● **Exercise aim**
Each line of the data that includes "unfolding" must be copied.

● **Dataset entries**
——

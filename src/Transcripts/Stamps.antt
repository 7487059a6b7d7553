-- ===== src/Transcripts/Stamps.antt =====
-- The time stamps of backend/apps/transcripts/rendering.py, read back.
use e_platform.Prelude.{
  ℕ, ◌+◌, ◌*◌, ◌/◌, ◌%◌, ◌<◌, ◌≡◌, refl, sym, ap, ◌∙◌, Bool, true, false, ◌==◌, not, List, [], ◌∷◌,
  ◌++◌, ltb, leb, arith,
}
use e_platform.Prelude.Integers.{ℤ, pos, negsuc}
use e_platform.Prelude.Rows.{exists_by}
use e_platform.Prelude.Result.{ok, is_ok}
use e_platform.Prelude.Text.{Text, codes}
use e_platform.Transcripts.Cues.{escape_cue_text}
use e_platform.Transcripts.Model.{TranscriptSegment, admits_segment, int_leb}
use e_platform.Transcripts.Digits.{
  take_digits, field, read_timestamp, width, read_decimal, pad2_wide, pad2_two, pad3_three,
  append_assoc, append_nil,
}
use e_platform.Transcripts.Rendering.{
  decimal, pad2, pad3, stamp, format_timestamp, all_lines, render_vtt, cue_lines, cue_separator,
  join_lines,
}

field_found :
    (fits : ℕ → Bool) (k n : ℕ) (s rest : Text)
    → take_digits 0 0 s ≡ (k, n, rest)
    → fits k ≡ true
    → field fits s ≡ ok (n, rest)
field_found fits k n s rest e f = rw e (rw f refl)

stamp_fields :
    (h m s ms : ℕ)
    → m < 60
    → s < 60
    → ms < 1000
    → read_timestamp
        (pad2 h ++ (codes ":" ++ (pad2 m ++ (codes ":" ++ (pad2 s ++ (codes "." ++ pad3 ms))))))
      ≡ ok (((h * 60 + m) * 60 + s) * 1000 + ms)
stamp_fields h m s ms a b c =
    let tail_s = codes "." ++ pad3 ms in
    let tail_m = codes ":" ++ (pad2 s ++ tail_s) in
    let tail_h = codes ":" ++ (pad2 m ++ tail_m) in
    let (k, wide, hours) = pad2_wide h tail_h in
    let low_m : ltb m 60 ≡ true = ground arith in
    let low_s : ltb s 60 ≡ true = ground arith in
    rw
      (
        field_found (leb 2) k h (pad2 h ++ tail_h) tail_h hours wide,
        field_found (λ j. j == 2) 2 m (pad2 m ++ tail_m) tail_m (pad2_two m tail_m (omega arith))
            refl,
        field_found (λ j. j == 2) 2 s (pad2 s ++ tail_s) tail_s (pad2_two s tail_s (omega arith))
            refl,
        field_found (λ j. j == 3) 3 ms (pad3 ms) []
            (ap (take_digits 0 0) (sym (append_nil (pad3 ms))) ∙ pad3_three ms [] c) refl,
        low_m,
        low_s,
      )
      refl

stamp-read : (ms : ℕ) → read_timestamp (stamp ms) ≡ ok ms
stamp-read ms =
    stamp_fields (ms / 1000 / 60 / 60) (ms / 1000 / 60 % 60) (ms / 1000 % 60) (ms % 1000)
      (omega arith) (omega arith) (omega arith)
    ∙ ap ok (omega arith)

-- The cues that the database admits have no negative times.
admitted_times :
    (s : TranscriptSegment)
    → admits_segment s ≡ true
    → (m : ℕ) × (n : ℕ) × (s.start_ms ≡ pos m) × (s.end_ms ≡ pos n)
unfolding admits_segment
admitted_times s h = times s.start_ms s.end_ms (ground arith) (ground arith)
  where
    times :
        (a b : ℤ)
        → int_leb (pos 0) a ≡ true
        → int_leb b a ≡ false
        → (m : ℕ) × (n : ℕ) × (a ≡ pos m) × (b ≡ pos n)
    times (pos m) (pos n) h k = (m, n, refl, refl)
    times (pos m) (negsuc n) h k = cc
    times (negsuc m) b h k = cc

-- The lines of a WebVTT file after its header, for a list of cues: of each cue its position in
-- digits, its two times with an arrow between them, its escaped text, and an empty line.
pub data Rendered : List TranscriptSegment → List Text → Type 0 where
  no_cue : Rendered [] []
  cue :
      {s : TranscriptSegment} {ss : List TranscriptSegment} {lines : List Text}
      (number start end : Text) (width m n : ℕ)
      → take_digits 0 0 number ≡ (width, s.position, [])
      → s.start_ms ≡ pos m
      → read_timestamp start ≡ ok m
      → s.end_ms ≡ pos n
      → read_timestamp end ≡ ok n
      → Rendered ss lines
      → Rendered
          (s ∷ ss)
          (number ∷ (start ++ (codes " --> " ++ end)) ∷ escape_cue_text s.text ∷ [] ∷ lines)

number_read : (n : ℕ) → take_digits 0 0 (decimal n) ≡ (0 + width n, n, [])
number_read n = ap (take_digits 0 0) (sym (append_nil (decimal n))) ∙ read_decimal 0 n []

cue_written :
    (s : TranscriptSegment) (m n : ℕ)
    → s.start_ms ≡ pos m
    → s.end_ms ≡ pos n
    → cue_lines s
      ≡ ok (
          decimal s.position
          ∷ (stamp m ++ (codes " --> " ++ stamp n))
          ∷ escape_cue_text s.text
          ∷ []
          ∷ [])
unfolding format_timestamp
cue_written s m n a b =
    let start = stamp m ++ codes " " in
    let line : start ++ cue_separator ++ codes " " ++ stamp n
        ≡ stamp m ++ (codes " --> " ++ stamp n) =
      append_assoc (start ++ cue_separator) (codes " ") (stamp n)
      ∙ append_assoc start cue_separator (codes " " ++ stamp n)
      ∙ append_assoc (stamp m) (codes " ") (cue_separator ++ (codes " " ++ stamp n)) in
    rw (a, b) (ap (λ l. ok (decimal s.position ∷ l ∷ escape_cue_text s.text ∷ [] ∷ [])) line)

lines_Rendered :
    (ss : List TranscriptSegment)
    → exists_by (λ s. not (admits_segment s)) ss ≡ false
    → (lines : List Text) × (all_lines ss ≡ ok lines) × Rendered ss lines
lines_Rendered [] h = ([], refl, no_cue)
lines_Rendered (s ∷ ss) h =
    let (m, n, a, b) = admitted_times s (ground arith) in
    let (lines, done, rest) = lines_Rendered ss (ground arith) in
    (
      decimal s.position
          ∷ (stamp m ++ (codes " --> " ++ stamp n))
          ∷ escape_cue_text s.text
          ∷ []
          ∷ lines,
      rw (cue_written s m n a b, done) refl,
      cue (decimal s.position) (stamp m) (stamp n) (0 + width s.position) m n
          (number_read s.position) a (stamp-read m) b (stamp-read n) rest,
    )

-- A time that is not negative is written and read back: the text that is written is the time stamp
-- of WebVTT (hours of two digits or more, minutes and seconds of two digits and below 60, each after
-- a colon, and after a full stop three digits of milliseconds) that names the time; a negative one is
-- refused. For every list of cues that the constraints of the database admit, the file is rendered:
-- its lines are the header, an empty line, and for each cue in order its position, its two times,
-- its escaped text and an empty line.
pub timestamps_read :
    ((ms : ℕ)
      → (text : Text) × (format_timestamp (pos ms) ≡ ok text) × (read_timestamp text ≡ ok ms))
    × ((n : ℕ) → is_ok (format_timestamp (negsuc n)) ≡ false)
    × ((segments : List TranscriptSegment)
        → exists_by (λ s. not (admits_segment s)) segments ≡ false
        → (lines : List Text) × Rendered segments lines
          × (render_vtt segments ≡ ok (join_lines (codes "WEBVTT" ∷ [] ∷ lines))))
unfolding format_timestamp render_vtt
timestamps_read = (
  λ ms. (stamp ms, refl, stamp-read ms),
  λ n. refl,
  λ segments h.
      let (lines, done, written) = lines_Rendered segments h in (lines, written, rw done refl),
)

——

● **Answer to this exercise**
unfolding admits_segment
unfolding format_timestamp
unfolding format_timestamp render_vtt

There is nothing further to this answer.